#### WORK ITEM:
Look below for the line holding "then Call.sys_brk" and the line holding "then Call.sys_nanosleep". Transcribe exactly those lines and all lines between them, nothing more.

START AVAILABLE DATA

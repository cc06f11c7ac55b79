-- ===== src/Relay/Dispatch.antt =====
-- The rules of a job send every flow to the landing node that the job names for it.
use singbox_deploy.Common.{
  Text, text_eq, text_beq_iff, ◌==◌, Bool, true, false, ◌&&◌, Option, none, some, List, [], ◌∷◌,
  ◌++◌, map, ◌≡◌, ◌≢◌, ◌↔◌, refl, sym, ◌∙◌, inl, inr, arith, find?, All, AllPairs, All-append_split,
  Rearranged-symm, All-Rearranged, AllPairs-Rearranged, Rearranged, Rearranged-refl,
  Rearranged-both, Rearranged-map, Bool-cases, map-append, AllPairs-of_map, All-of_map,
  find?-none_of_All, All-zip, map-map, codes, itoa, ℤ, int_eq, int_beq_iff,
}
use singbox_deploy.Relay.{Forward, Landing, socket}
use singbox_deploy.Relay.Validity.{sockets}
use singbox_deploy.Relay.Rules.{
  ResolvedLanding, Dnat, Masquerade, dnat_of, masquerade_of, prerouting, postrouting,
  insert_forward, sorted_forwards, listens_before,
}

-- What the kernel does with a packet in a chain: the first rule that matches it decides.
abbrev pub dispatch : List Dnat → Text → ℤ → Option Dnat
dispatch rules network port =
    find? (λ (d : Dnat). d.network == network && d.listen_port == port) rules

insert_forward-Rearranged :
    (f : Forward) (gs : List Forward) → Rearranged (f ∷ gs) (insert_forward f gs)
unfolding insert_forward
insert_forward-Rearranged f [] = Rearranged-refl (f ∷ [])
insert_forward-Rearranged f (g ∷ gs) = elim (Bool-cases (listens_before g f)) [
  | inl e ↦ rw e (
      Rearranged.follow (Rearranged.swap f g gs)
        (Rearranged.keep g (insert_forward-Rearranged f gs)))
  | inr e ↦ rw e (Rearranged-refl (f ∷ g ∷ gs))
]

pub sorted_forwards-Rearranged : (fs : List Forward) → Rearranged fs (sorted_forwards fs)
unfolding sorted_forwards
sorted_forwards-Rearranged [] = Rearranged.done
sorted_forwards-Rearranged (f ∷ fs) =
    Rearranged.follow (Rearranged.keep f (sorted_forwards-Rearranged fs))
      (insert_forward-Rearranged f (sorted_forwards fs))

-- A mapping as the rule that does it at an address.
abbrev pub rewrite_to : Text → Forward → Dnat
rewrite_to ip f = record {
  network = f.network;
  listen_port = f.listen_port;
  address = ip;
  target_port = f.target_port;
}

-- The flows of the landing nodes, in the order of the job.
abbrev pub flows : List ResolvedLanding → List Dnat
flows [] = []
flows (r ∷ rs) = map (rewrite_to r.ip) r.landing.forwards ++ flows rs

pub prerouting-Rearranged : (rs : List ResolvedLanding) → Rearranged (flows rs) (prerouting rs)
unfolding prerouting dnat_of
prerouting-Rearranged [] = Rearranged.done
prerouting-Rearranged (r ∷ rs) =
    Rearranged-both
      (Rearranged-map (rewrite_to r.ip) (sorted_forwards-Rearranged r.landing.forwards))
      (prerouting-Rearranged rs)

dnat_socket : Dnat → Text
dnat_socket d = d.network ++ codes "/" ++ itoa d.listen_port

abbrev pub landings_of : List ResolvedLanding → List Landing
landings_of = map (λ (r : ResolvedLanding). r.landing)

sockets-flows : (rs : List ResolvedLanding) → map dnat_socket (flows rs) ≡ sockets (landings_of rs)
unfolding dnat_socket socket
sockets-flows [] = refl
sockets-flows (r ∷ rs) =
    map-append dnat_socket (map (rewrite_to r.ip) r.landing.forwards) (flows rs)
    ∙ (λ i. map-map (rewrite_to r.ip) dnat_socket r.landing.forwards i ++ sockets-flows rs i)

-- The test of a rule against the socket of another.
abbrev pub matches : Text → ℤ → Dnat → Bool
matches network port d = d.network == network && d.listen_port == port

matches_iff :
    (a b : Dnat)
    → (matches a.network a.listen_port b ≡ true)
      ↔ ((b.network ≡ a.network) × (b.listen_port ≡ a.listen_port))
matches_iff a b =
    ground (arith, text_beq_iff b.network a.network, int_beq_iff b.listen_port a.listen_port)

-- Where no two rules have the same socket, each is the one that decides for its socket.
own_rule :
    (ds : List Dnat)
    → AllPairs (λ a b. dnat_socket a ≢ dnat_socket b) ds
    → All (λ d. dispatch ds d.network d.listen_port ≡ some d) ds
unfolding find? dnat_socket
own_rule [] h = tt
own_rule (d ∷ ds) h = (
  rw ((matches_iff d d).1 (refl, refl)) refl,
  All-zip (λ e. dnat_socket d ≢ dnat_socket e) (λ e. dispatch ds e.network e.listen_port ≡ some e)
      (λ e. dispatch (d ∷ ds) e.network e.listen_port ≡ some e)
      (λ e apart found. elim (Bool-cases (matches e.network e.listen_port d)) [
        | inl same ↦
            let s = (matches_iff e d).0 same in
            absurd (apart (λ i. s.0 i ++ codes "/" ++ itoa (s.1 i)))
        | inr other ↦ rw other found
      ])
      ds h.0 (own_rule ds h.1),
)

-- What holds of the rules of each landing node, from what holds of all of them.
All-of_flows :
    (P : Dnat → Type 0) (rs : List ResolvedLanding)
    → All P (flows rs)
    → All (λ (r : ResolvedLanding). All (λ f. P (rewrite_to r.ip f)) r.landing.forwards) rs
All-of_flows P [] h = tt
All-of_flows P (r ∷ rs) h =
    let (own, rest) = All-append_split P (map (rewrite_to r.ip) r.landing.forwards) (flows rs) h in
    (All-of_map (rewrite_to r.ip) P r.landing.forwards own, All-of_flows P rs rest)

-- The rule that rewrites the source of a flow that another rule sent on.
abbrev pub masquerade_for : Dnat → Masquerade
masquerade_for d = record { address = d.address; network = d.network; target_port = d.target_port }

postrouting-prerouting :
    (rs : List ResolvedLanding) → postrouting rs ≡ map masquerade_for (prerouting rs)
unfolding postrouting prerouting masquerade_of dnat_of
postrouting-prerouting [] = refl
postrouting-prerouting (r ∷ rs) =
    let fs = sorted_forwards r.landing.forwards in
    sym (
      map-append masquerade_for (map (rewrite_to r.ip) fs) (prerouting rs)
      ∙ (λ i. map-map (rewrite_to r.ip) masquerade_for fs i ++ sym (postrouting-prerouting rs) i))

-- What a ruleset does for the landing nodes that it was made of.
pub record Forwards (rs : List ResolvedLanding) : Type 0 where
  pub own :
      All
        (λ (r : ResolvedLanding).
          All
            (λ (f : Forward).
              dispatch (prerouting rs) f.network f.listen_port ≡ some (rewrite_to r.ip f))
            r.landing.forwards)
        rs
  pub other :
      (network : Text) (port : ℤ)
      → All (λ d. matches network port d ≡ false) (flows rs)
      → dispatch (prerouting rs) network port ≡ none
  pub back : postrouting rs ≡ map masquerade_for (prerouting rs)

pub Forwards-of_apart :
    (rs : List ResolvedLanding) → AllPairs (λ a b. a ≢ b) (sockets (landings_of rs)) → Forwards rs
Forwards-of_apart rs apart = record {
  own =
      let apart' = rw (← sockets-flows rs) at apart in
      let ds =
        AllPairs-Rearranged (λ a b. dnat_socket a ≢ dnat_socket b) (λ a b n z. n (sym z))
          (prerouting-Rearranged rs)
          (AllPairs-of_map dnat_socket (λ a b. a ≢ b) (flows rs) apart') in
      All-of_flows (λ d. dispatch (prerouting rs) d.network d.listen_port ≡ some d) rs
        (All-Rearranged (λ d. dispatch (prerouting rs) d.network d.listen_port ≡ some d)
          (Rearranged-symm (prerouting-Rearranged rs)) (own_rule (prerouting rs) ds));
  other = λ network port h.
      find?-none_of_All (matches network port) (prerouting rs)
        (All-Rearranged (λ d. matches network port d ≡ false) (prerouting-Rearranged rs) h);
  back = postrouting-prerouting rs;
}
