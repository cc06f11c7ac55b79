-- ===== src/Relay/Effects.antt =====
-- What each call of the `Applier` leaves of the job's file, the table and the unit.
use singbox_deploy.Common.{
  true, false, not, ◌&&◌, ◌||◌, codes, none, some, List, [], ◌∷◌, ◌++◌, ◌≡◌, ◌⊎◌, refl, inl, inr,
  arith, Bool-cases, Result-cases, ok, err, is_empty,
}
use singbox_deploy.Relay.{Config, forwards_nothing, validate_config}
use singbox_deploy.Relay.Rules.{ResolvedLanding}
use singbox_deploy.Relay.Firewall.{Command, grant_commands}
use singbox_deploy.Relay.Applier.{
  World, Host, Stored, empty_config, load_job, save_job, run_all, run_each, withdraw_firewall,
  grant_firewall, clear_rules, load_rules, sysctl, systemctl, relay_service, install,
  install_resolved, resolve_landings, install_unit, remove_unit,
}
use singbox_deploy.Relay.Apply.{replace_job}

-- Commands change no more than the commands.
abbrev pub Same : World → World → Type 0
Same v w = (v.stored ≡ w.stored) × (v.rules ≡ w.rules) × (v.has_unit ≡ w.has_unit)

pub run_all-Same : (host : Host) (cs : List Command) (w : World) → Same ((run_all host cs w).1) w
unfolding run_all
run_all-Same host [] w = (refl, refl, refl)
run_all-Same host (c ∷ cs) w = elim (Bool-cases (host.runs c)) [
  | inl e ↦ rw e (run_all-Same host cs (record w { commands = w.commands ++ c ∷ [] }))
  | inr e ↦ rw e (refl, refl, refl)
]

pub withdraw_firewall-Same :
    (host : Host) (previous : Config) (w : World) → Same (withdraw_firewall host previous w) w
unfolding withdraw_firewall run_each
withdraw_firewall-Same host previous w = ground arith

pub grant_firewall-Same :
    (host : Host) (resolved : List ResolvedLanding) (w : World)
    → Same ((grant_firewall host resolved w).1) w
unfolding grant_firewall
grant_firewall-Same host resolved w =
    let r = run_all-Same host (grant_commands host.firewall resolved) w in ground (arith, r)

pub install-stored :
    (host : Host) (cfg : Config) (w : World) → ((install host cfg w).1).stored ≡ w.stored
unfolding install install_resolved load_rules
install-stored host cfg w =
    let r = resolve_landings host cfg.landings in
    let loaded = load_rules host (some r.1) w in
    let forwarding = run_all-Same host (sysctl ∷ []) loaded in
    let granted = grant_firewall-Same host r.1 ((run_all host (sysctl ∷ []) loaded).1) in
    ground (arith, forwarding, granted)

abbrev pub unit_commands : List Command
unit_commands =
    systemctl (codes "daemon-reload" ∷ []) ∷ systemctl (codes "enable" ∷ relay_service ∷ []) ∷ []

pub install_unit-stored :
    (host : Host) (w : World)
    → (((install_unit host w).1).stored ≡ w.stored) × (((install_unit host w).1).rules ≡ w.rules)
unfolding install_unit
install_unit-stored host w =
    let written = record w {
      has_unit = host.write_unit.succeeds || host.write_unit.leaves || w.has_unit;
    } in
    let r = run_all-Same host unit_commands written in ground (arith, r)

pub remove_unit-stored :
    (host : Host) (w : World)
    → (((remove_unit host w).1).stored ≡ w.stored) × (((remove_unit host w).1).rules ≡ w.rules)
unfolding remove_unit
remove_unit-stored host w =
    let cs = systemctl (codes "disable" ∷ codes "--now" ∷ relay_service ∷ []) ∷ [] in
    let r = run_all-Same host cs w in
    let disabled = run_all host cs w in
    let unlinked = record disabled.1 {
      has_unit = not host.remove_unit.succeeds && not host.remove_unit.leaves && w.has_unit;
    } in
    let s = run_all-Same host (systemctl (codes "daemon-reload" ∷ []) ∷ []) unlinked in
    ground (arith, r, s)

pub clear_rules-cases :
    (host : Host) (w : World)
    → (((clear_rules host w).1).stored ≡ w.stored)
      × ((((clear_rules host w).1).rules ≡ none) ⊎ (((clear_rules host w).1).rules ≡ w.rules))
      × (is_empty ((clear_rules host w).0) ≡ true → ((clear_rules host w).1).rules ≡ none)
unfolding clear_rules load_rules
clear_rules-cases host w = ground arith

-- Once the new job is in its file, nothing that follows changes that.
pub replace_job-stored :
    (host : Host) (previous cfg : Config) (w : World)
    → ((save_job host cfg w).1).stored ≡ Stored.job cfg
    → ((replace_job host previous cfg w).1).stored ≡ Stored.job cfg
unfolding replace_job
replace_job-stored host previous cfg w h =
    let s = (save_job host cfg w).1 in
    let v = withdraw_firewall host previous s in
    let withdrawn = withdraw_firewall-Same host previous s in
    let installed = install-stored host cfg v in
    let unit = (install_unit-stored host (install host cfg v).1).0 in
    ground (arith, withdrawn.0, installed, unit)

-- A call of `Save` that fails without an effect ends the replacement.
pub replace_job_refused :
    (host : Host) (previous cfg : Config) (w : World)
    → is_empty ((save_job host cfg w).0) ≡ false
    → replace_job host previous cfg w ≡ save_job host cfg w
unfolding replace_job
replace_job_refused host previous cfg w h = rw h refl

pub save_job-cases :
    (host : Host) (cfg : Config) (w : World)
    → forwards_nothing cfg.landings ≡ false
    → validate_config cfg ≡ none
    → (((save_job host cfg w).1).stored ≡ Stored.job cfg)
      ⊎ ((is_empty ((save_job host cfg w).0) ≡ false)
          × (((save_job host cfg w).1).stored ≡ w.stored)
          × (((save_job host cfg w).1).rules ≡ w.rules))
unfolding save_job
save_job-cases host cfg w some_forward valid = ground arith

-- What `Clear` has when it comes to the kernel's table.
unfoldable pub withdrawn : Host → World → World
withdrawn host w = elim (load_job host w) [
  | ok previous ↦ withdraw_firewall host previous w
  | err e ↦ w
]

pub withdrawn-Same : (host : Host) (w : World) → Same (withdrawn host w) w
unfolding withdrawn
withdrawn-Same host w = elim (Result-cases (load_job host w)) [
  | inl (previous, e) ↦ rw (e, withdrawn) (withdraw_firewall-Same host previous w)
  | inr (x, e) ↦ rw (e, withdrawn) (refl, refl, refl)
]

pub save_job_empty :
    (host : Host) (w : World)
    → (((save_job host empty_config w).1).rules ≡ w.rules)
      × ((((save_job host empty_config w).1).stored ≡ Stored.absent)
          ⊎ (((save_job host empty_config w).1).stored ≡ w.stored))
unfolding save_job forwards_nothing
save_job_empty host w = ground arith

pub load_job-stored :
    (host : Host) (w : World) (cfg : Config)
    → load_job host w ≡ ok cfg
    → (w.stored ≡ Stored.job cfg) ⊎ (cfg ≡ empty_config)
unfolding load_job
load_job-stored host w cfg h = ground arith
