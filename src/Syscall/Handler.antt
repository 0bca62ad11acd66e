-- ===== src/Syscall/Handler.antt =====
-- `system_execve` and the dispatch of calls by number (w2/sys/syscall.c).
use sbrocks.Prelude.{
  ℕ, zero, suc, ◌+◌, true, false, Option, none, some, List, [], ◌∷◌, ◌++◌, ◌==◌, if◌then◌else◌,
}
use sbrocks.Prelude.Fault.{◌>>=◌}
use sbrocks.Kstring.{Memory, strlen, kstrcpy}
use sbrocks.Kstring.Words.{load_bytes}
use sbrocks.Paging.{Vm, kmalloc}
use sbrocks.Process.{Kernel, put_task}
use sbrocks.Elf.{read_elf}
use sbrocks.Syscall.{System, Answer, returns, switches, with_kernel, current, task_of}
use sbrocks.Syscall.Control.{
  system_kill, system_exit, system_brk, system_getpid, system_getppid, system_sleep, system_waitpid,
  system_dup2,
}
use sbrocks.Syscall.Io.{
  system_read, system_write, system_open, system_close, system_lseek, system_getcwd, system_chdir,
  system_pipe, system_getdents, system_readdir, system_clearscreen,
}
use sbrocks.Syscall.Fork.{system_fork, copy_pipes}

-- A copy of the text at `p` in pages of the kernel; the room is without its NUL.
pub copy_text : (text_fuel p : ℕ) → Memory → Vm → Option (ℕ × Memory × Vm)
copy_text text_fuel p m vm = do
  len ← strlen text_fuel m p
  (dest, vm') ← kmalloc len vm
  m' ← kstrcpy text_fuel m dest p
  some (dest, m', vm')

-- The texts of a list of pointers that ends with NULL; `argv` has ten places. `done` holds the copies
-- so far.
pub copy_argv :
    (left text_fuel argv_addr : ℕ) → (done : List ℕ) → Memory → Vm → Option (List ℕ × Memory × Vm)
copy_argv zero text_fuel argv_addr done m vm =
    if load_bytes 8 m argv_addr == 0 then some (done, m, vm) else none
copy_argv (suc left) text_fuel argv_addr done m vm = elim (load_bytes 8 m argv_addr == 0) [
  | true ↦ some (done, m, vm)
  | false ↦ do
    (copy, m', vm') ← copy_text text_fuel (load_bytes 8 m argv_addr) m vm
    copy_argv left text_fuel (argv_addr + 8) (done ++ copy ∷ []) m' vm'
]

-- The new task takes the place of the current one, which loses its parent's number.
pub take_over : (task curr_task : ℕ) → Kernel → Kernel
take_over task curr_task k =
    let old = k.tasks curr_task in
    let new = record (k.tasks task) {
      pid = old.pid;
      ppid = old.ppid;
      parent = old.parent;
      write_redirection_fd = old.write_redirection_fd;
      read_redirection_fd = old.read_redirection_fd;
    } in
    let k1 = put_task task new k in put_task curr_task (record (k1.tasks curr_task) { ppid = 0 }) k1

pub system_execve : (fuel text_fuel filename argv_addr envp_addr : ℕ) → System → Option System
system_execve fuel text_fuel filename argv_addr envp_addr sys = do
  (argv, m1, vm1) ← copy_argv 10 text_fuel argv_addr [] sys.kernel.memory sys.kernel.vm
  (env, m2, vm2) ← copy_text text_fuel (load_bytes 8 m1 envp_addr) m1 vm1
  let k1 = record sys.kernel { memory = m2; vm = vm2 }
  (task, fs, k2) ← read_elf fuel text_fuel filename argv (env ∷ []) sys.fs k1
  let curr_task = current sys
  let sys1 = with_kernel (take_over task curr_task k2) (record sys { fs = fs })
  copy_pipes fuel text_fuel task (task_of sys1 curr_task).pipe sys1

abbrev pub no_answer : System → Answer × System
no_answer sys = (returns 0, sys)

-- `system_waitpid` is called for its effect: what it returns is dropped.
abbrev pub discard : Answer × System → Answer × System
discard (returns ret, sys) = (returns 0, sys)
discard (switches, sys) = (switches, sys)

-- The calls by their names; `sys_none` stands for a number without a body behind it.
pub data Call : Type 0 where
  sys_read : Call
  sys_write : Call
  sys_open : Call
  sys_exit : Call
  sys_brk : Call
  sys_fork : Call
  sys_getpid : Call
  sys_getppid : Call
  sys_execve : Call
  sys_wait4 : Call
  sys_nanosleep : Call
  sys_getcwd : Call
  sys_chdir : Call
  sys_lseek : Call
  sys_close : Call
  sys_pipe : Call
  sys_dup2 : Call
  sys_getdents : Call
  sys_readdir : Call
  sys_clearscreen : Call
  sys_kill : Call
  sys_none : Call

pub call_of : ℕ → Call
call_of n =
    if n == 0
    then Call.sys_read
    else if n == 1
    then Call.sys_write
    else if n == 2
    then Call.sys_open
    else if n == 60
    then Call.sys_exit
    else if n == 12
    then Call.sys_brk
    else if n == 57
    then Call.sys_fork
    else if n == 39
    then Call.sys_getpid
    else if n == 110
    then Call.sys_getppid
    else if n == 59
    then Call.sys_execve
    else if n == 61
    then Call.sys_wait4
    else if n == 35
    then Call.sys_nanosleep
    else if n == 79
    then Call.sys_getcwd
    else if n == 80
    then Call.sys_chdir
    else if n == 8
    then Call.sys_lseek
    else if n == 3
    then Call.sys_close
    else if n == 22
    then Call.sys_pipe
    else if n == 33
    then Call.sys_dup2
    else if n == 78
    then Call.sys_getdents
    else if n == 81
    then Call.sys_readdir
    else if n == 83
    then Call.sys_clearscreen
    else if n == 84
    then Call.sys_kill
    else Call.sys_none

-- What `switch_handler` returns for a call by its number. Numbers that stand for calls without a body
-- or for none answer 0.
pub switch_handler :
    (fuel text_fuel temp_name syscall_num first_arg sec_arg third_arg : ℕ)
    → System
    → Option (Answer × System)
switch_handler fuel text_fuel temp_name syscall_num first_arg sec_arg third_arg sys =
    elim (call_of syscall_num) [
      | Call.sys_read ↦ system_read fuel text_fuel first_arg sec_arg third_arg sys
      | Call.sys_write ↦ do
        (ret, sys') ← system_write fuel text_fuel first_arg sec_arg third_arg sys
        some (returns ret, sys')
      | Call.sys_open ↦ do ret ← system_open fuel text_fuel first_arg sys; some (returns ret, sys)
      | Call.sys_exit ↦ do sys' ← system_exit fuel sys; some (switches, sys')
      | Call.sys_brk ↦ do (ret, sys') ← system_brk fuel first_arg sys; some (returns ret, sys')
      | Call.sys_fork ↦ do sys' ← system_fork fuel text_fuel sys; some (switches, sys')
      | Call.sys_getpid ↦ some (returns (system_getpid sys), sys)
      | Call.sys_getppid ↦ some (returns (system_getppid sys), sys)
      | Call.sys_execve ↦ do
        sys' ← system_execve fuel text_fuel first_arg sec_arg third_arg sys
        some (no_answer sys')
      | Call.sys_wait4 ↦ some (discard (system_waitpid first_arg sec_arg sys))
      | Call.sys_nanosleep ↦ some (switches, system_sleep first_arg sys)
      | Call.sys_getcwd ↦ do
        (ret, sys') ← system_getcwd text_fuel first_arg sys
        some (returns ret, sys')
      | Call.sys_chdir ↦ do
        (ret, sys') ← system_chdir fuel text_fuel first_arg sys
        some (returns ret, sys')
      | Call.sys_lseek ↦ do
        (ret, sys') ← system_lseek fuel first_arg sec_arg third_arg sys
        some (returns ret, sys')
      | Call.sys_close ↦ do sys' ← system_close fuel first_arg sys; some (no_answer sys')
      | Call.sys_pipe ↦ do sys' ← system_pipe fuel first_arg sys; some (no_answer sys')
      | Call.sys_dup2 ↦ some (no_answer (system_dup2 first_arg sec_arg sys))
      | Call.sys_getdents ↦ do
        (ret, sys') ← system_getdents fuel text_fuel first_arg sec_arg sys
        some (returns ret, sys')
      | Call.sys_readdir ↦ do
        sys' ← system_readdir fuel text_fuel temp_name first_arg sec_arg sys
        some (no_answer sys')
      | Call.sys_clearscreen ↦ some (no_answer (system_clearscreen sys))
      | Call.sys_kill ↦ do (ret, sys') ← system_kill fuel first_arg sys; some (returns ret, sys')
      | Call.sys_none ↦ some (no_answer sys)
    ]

END AVAILABLE DATA

#### RESULT OF THE TASK:
    then Call.sys_brk
    else if n == 57
    then Call.sys_fork
    else if n == 39
    then Call.sys_getpid
    else if n == 110
    then Call.sys_getppid
    else if n == 59
    then Call.sys_execve
    else if n == 61
    then Call.sys_wait4
    else if n == 35
    then Call.sys_nanosleep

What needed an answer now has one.